/---

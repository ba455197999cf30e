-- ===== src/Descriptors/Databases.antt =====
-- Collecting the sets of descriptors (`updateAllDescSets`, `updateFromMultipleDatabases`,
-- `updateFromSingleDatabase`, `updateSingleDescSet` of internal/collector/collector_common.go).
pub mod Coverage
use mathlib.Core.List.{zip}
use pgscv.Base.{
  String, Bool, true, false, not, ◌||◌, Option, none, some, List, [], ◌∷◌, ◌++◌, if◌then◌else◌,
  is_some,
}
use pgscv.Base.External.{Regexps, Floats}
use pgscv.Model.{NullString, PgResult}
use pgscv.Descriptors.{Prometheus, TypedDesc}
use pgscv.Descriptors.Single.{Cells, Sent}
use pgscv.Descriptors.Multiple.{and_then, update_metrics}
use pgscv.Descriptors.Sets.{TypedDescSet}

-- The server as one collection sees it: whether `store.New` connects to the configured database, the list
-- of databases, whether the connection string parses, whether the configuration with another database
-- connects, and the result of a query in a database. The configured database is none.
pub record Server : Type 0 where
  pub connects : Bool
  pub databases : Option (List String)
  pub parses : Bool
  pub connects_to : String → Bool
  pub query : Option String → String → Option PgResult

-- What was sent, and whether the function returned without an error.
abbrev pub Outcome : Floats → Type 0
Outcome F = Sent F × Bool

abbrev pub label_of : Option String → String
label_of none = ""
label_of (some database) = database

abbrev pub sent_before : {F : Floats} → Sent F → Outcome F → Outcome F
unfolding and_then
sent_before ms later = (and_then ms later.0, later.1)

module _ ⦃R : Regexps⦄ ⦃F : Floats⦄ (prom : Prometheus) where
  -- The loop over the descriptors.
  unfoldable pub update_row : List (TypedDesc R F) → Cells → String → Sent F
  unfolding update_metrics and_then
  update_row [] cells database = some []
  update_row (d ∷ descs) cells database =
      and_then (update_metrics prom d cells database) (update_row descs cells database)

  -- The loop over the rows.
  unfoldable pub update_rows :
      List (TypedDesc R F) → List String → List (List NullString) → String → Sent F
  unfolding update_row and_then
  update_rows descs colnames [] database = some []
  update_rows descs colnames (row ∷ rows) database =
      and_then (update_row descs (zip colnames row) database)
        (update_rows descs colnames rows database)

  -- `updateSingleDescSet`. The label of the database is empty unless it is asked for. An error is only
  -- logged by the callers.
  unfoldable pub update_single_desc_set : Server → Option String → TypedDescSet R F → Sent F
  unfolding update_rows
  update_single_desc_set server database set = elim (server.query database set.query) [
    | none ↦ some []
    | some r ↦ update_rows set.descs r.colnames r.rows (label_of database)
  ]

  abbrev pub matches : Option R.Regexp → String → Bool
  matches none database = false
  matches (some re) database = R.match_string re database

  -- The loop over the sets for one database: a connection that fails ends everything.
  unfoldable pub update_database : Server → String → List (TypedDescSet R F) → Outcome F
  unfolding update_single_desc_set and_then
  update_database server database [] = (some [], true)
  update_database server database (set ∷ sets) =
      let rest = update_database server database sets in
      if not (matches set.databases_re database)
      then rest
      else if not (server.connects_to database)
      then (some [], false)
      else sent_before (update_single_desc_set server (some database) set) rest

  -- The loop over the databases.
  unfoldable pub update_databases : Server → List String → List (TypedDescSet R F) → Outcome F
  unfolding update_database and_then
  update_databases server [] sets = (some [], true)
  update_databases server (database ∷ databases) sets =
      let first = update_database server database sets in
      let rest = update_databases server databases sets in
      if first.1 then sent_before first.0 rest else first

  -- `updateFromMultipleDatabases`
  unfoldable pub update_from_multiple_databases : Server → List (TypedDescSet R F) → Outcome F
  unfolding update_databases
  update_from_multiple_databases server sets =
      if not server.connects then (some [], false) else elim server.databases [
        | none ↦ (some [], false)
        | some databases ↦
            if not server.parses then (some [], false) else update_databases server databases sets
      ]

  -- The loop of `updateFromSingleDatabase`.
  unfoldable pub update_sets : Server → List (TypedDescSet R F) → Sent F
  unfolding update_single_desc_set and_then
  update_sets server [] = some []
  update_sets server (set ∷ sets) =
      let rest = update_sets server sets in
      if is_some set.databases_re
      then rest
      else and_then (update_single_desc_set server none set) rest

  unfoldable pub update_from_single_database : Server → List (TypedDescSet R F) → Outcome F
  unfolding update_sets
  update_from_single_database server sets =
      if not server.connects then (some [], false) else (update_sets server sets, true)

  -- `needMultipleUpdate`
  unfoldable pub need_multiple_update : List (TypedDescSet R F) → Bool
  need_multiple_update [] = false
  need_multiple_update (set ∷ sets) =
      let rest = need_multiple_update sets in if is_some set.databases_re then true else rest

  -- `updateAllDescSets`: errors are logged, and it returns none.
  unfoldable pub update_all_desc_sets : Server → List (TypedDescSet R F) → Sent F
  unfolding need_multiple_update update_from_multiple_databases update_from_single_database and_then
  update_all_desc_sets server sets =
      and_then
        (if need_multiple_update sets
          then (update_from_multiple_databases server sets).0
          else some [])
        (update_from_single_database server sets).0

\---

#### What this task involves
State the count of lines holding the string "where" in the listing above, and nothing else.

#### Result
2